The thin flows of Units A and C are relatively strongly fractured and contain zones of gas bubbles, particularly near their tops. They are less resistant to weathering, and are responsible for the benches on the sides of the mountain.

Rain falling on the plateau surface gradually seeps into the ground and saturates the underlying rocks. The level beneath which the rocks are saturated is called the water table, and this rises and falls depending on the seasonal rainfall. Just because the rock is saturated does not mean water can be pumped from it. Much water is held in tiny pores or fractures and cannot be extracted at a practical rate. However, where there are permeable zones, such as in highly fracture lavas, or ones with numerous gas bubbles, water can often be pumped out in usable amounts.

The important controls on groundwater on the mountain are the horizontal lavas, and the highly fractured or gas-bubble rich ones of Units A and C. The later appear to be permeable, and to be directing groundwater laterally outwards to the benches of the mountain, where it forms spring zones.
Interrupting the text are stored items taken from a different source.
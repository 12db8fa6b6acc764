-- ===== src/Handlers/Dispatcher/Flat.antt =====
-- The dispatcher of src/piconaut/handlers/global_dispatcher_handler.h as a flat list of what has been
-- registered.
pub mod Answers
pub mod Closed
use piconaut.Prelude.{
  ℕ, ◌≤◌, Str, length, Bool-cases, true, false, ◌&&◌, not, Option, none, some, or_old, List, [],
  ◌∷◌, Map, lookup, emplace, lookup-emplace, ◌⊎◌, inl, inr, All, ◌≡◌, refl, ◌∙◌, sym, ap,
  nat_beq_iff, arith, nat_eq, list_eq, ◌==◌, if◌then◌else◌,
}
use piconaut.Errors.{Error}
use piconaut.Utils.Strings.{npos}
use piconaut.Utils.Strings.Split.{split}
use piconaut.Routers.Pattern.{is_valid_route}
use piconaut.Routers.Node.{RouterNode, param_pattern}
use piconaut.Routers.Router.{
  Router, RouterMatchResult, add_parts, no_match, braces, regex_match, match_route, is_empty,
}
use piconaut.Routers.Router.Paths.{add_route_valid, add_route_invalid}
use piconaut.Routers.Router.Walk.{walk, route_of, route_at}
use piconaut.Routers.Router.Table.{Entry, View, table, view, entry_at, match_view, is_present}
use piconaut.Routers.Router.Table.Naming.{Naming, naming_of, captured_view}
use piconaut.Routers.Router.Table.Registered.{
  Added, add_routes, rows, ways, FitsIn, Holds, add_routes-Holds, match_route-add_routes,
}
use piconaut.Http.Request.{H2oReq, get_path}
use piconaut.Http.Response.{Exchange, InlineFault, send}
use piconaut.Handlers.Dispatcher.{
  Route, make_route, Executor, dispatcher_fn, GlobalDispatcherHandler, Outcome, done, undefined,
  new_dispatcher, register_route_handler, dispatcher, handle_impl, not_found,
}
use piconaut.Handlers.Dispatcher.Dispatching.{register_valid, register_invalid}
use piconaut.Handlers.Dispatcher.Registered.{
  Backed, IsRegistered, IsRegistered-new, register-IsRegistered,
}

-- A call of `RegisterRouteHandler`: path and handler.
abbrev pub Registration : Type 0 → Type 0
Registration Hd = Str × Option Hd

abbrev pub FitsPath : {Hd : Type 0} → Registration Hd → Type 0
FitsPath (path, h) = length path ≤ npos

-- The first of two, if it is there.
abbrev pub first_or {ℓ} : {A : Type ℓ} → Option A → Option A → Option A
first_or none next = next
first_or (some first) next = some first

module _ {Hd : Type 0} (hasher : Str → ℕ) where
  -- The dispatcher after the calls, the last one first.
  abbrev pub register_all : List (Registration Hd) → GlobalDispatcherHandler Hd
  register_all [] = new_dispatcher
  register_all ((path, h) ∷ registrations) =
      (register_route_handler hasher path h (register_all registrations)).0

  -- What the router is asked to add.
  abbrev pub added : List (Registration Hd) → List (Added Executor)
  added [] = []
  added ((path, h) ∷ registrations) = (hasher path, path, dispatcher_fn) ∷ added registrations

  -- The router's table, and the names of its parameters.
  abbrev pub flat_view : List (Registration Hd) → View Executor
  flat_view registrations = table (rows (added registrations))

  abbrev pub flat_naming : List (Registration Hd) → Naming
  flat_naming registrations = naming_of (ways (added registrations))

  -- The handler of the first registration of a valid path with the hash.
  abbrev pub first_with : ℕ → List (Registration Hd) → Option (Option Hd)
  first_with k [] = none
  first_with k ((path, h) ∷ registrations) =
      first_or (first_with k registrations)
        (if is_valid_route path && hasher path == k then some h else none)

  pub added-FitsIn :
      (registrations : List (Registration Hd))
      → All FitsPath registrations
      → All FitsIn (added registrations)
  added-FitsIn [] f = tt
  added-FitsIn ((path, h) ∷ registrations) (f, fs) = (f, added-FitsIn registrations fs)

  pub register_all-IsRegistered :
      (registrations : List (Registration Hd))
      → All FitsPath registrations
      → IsRegistered (register_all registrations)
  register_all-IsRegistered [] f = IsRegistered-new
  register_all-IsRegistered ((path, h) ∷ registrations) (f, fs) =
      register-IsRegistered hasher path h (register_all registrations) f
        (register_all-IsRegistered registrations fs)

  abbrev pub held : Option (Route Hd) → Option (Option Hd)
  held none = none
  held (some route) = some route.req_handler

  held_or_old :
      (o : Option (Route Hd)) (route : Route Hd)
      → held (some (or_old o route)) ≡ first_or (held o) (some route.req_handler)
  held_or_old none route = refl
  held_or_old (some old) route = refl

  or_nothing : (o : Option (Option Hd)) → o ≡ first_or o none
  or_nothing none = refl
  or_nothing (some h) = refl

  held-emplace :
      (path : Str) (h : Option Hd) (k : ℕ) (routes : Map ℕ (Route Hd))
      → held (lookup k (emplace (hasher path) (make_route (hasher path) path h) routes))
        ≡ first_or (held (lookup k routes)) (if hasher path == k then some h else none)
  held-emplace path h k routes =
      ap held (lookup-emplace (hasher path) k (make_route (hasher path) path h) routes)
      ∙ elim (Bool-cases (hasher path == k)) [
        | inl e ↦
            rw (e, (nat_beq_iff (hasher path) k).0 e)
              (unfold make_route in held_or_old (lookup k routes) (make_route k path h))
        | inr e ↦ rw e (or_nothing (held (lookup k routes)))
      ]

  -- The two tables of the dispatcher.
  pub record Mirrors (registrations : List (Registration Hd)) (d : GlobalDispatcherHandler Hd)
      : Type 0 where
    pub routed : d.router ≡ add_routes (added registrations)
    pub kept : (k : ℕ) → held (lookup k d.routes) ≡ first_with k registrations

  module _ (path : Str) (h : Option Hd) (registrations : List (Registration Hd))
      (d : GlobalDispatcherHandler Hd) (before : Mirrors registrations d) where
    valid-Mirrors :
        is_valid_route path ≡ true
        → length path ≤ npos
        → Mirrors ((path, h) ∷ registrations) (register_route_handler hasher path h d).0
    valid-Mirrors valid f = rw (register_valid hasher path h d valid f) (record {
      routed =
          ap
            (λ (router : Router Executor). record {
              root = add_parts (split b'/' path) (hasher path) dispatcher_fn router.root;
            })
            before.routed
          ∙ sym (
              ap (λ (r : Router Executor × Option Error). r.0)
                (add_route_valid path f valid (hasher path) dispatcher_fn
                  (add_routes (added registrations))));
      kept = λ k. rw valid (held-emplace path h k d.routes ∙ rw (before.kept k) refl);
    })

    invalid-Mirrors :
        is_valid_route path ≡ false
        → Mirrors ((path, h) ∷ registrations) (register_route_handler hasher path h d).0
    invalid-Mirrors invalid = rw (register_invalid hasher path h d invalid) (record {
      routed =
          before.routed
          ∙ sym (
              ap (λ (r : Router Executor × Option Error). r.0)
                (add_route_invalid (hasher path) path dispatcher_fn
                  (add_routes (added registrations)) invalid));
      kept = λ k. rw invalid (before.kept k ∙ or_nothing (first_with k registrations));
    })

  pub register_all-Mirrors :
      (registrations : List (Registration Hd))
      → All FitsPath registrations
      → Mirrors registrations (register_all registrations)
  register_all-Mirrors [] f = record { routed = refl; kept = λ k. refl }
  register_all-Mirrors ((path, h) ∷ registrations) (f, fs) =
      let before = register_all-Mirrors registrations fs in
      elim (Bool-cases (is_valid_route path)) [
        | inl valid ↦ valid-Mirrors path h registrations (register_all registrations) before valid f
        | inr invalid ↦
            invalid-Mirrors path h registrations (register_all registrations) before invalid
      ]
These springs wax and wane depending on fluctuations in the pressure head above them resulting from seasonal changes in the height of the water table. The better bores on the mountain are probably tapping these horizontal permeable layers, although deeper ones may have intersected horizontal permeable zones between the Albert and

Beechmont Basalts, and at the junction of the basalt sequence with the underlying rocks. The thick massive flows of Units B and D are unlikely to be good producers, but localized fracture zones in them may allow extraction of small volumes in places.

The older rocks beneath the basalts have little influence on the mountain’s groundwater resources. On the east the Neranleigh-Fernvale beds, originally deep-water marine sediments that have been hardened, compressed and steeply inclined to ‘meta-sediments’, are capable of giving only very small volumes from localised fracture zones. The thick rhyolite lava flows of the Chillingham Volcanics beneath the centre of the mountain are in a similar situation. The river sandstones of the Woogaroo Sub Group on the western side are more porous, but distinct permeable zones have not been identified. Around the base of the mountain shallow bores from localized zones produce some slightly saltier water, but this is a separate story.